On 25/07/2023 23:31, Roger Sewell wrote:
Thomas,
Thank you for your reply.
Table 10 in the following document says that 1440x900@60Hz is
supported:
https://www.intel.com/content/dam/support/us/en/documents/motherboards/server/s5520ur/sb/e44031012_s5520ur_s5520urt_tps_r1_9.pdf
That manual says that the resolution is only supported with at most
24-bit colors. The old X code still supports that to some extend, but
modern userspace doesn't.
How can I check for sure whether I am using 24 or 32 bits per pixel ?
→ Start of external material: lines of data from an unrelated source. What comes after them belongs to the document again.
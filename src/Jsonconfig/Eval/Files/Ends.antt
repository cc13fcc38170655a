-- ===== src/Jsonconfig/Eval/Files/Ends.antt =====
-- jsonconfig/eval.go: reading a configuration ends, whatever its files include.
use go.Common.{
  ℕ, ◌+◌, ◌≤◌, ◌≡◌, refl, Bool, true, false, List, [], ◌∷◌, ◌++◌, Option, none, some, if◌then◌else◌,
}
use go.Jsonconfig.{
  Value, null, boolean, number, text, items, object, Items, no_items, item, Fields, no_fields,
  field_of,
}
use go.Jsonconfig.Eval.{
  EvalErr, value_error, Parser, Result, done, failed, panics, stuck, bind, wrap, Expander,
}
use go.Jsonconfig.Eval.Files.{
  run_or, as_items, eval_value, eval_list, eval_items, stored, evaluate_expressions, evaluate_field,
  touches,
}

-- The files that are not touched yet.
unfoldable pub unread_in : List (List ℕ) → Option (List (List ℕ)) → ℕ
unread_in [] touched = 0
unread_in (a ∷ files) touched = (if touches touched a then 0 else 1) + unread_in files touched

-- Not stuck, and with at most n files unread where it goes on.
abbrev pub Within : {A : Type 0} → List (List ℕ) → ℕ → Result A → Type 0
Within files n (done a p) = unread_in files (p.touched_files) ≤ n
Within files n (failed e p) = Unit
Within files n panics = Unit
Within files n stuck = true ≡ false

-- An expander that neither touches files nor runs out of fuel.
abbrev pub Keeps : Parser → Result Value → Type 0
Keeps p (done v q) = q ≡ p
Keeps p (failed e q) = Unit
Keeps p panics = Unit
Keeps p stuck = true ≡ false

pub Within-bind :
    {A B : Type 0}
    → (files : List (List ℕ)) (n : ℕ) (r : Result A) (f : A → Parser → Result B) → Within files n r
    → ((a : A) (p : Parser) → unread_in files (p.touched_files) ≤ n → Within files n (f a p))
    → Within files n (bind r f)
Within-bind files n (done a p) f h g = g a p h
Within-bind files n (failed e p) f h g = tt
Within-bind files n panics f h g = tt
Within-bind files n stuck f h g = h

pub Within-wrap :
    {A : Type 0}
    → (files : List (List ℕ)) (n : ℕ) (w : EvalErr → EvalErr) (r : Result A) → Within files n r
    → Within files n (wrap w r)
Within-wrap files n w (done a p) h = h
Within-wrap files n w (failed e p) h = tt
Within-wrap files n w panics h = tt
Within-wrap files n w stuck h = h

pub Within-Keeps :
    (files : List (List ℕ)) (n : ℕ) (p : Parser) (r : Result Value)
    → unread_in files (p.touched_files) ≤ n
    → Keeps p r
    → Within files n r
Within-Keeps files n p (done v q) le h = rw h le
Within-Keeps files n p (failed e q) le h = tt
Within-Keeps files n p panics le h = tt
Within-Keeps files n p stuck le h = h

Within-run_or :
    (files : List (List ℕ)) (n : ℕ) (o : Option Expander) (args : Items) (p : Parser)
    (r : Result Value)
    → ((f : Expander) → o ≡ some f → Within files n (f args p))
    → Within files n r
    → Within files n (run_or o args p r)
Within-run_or files n none args p r h g = g
Within-run_or files n (some f) args p r h g = h f refl

module _ (files : List (List ℕ)) (n : ℕ) (expander : List ℕ → Option Expander) where
  -- Every expander stays within n unread files.
  abbrev pub AllWithin : Type 0
  AllWithin =
      (name : List ℕ) (f : Expander)
      → expander name ≡ some f
      → (args : Items) (p : Parser) → unread_in files (p.touched_files) ≤ n
      → Within files n (f args p)

  rebuilt :
      (v : Value) (r : Result Items)
      → Within files n r
      → Within files n (bind r (λ evaled q. as_items (item v evaled) q))
  rebuilt v r h = Within-bind files n r (λ evaled q. as_items (item v evaled) q) h (λ a p le. le)

  mutual
    unfolding eval_value

    pub eval_value-Within :
        (v : Value) (p : Parser)
        → AllWithin
        → unread_in files (p.touched_files) ≤ n
        → Within files n (eval_value expander v p)
    eval_value-Within null p h le = le
    eval_value-Within (boolean b) p h le = le
    eval_value-Within (number k) p h le = le
    eval_value-Within (text s) p h le = le
    eval_value-Within (object m) p h le = le
    eval_value-Within (items xs) p h le = eval_list-Within xs p h le

    eval_list-Within :
        (xs : Items) (p : Parser)
        → AllWithin
        → unread_in files (p.touched_files) ≤ n
        → Within files n (eval_list expander xs p)
    eval_list-Within no_items p h le = tt
    eval_list-Within (item (text name) rest) p h le =
        Within-run_or files n (expander name) rest p _ (λ f e. h name f e rest p le)
          (rebuilt (text name) _ (eval_items-Within rest p h le))
    eval_list-Within (item null rest) p h le = rebuilt null _ (eval_items-Within rest p h le)
    eval_list-Within (item (boolean b) rest) p h le =
        rebuilt (boolean b) _ (eval_items-Within rest p h le)
    eval_list-Within (item (number k) rest) p h le =
        rebuilt (number k) _ (eval_items-Within rest p h le)
    eval_list-Within (item (object m) rest) p h le =
        rebuilt (object m) _ (eval_items-Within rest p h le)
    eval_list-Within (item (items xs) rest) p h le =
        Within-bind files n _
          (λ v q. bind (eval_items expander rest q) (λ evaled t. as_items (item v evaled) t))
          (eval_list-Within xs p h le) (λ v q le'. rebuilt v _ (eval_items-Within rest q h le'))

    eval_items-Within :
        (xs : Items) (p : Parser)
        → AllWithin
        → unread_in files (p.touched_files) ≤ n
        → Within files n (eval_items expander xs p)
    eval_items-Within no_items p h le = le
    eval_items-Within (item v rest) p h le =
        Within-bind files n _
          (λ w q. bind (eval_items expander rest q) (λ evaled t. done (item w evaled) t))
          (eval_value-Within v p h le)
          (λ w q le'.
            Within-bind files n _ (λ evaled t. done (item w evaled) t)
              (eval_items-Within rest q h le') (λ evaled t le''. le''))

  mutual
    unfolding evaluate_expressions

    pub evaluate_expressions-Within :
        (test_only : Bool) (seen : List (List ℕ)) (m : Fields) (p : Parser)
        → AllWithin
        → unread_in files (p.touched_files) ≤ n
        → Within files n (evaluate_expressions expander test_only seen m p)
    evaluate_expressions-Within test_only seen no_fields p h le = le
    evaluate_expressions-Within test_only seen (field_of k v rest) p h le =
        Within-bind files n _
          (λ w q.
            bind (evaluate_expressions expander test_only seen rest q)
              (λ fs t. done (field_of k w fs) t))
          (evaluate_field-Within test_only (seen ++ (k ∷ [])) v p h le)
          (λ w q le'.
            Within-bind files n _ (λ fs t. done (field_of k w fs) t)
              (evaluate_expressions-Within test_only seen rest q h le') (λ fs t le''. le''))

    evaluate_field-Within :
        (test_only : Bool) (path : List (List ℕ)) (v : Value) (p : Parser)
        → AllWithin
        → unread_in files (p.touched_files) ≤ n
        → Within files n (evaluate_field expander test_only path v p)
    evaluate_field-Within test_only path null p h le = le
    evaluate_field-Within test_only path (boolean b) p h le = le
    evaluate_field-Within test_only path (number k) p h le = le
    evaluate_field-Within test_only path (text s) p h le = le
    evaluate_field-Within test_only path (items no_items) p h le = le
    evaluate_field-Within test_only path (items (item v rest)) p h le =
        Within-bind files n _ (λ w q. done (stored expander test_only (item v rest) w) q)
          (Within-wrap files n (value_error path) _ (eval_list-Within (item v rest) p h le))
          (λ w q le'. le')
    evaluate_field-Within test_only path (object m) p h le =
        Within-bind files n _ (λ fs q. done (object fs) q)
          (evaluate_expressions-Within test_only path m p h le) (λ fs q le'. le')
The easiest solution if you already rebuilt your kernel is to print the
variable bpp here:
https://elixir.bootlin.com/linux/latest/source/drivers/gpu/drm/mgag200/mgag200_mode.c#L326
pr_info("mgag200 bpp %d\n", bpp);
Also if you can run Wayland at 1440x900@60, that would mean the hardware
is indeed able to handle it in 32bit.
so in particular the chip is said to be a G200e, not the G200SE-A
that the kernel module seems to be interpreting it as.
It actually is the G200SE-A. It's just named differently by lspci. The
PCI device id should be 0x0522.
It is indeed 0x0522.
So the old kernel already did the right thing.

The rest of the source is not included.